**Work task**
Go through the records and report each line holding the string "Sample".

Collected data:
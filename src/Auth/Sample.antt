-- ===== src/Auth/Sample.antt =====
-- A comparison of texts that behaves as the one of the crate `subtle` is documented to.
use meta_agent_control_plane.Prelude.{string_eq}
use meta_agent_control_plane.Auth.{ConstantTime}

abbrev pub text_comparison : ConstantTime
text_comparison = record { ct_eq = string_eq.is_same; ct_eq_iff = string_eq.is_same_iff }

**Response**
filename src/Auth/Sample.antt
-- ===== src/Auth/Sample.antt =====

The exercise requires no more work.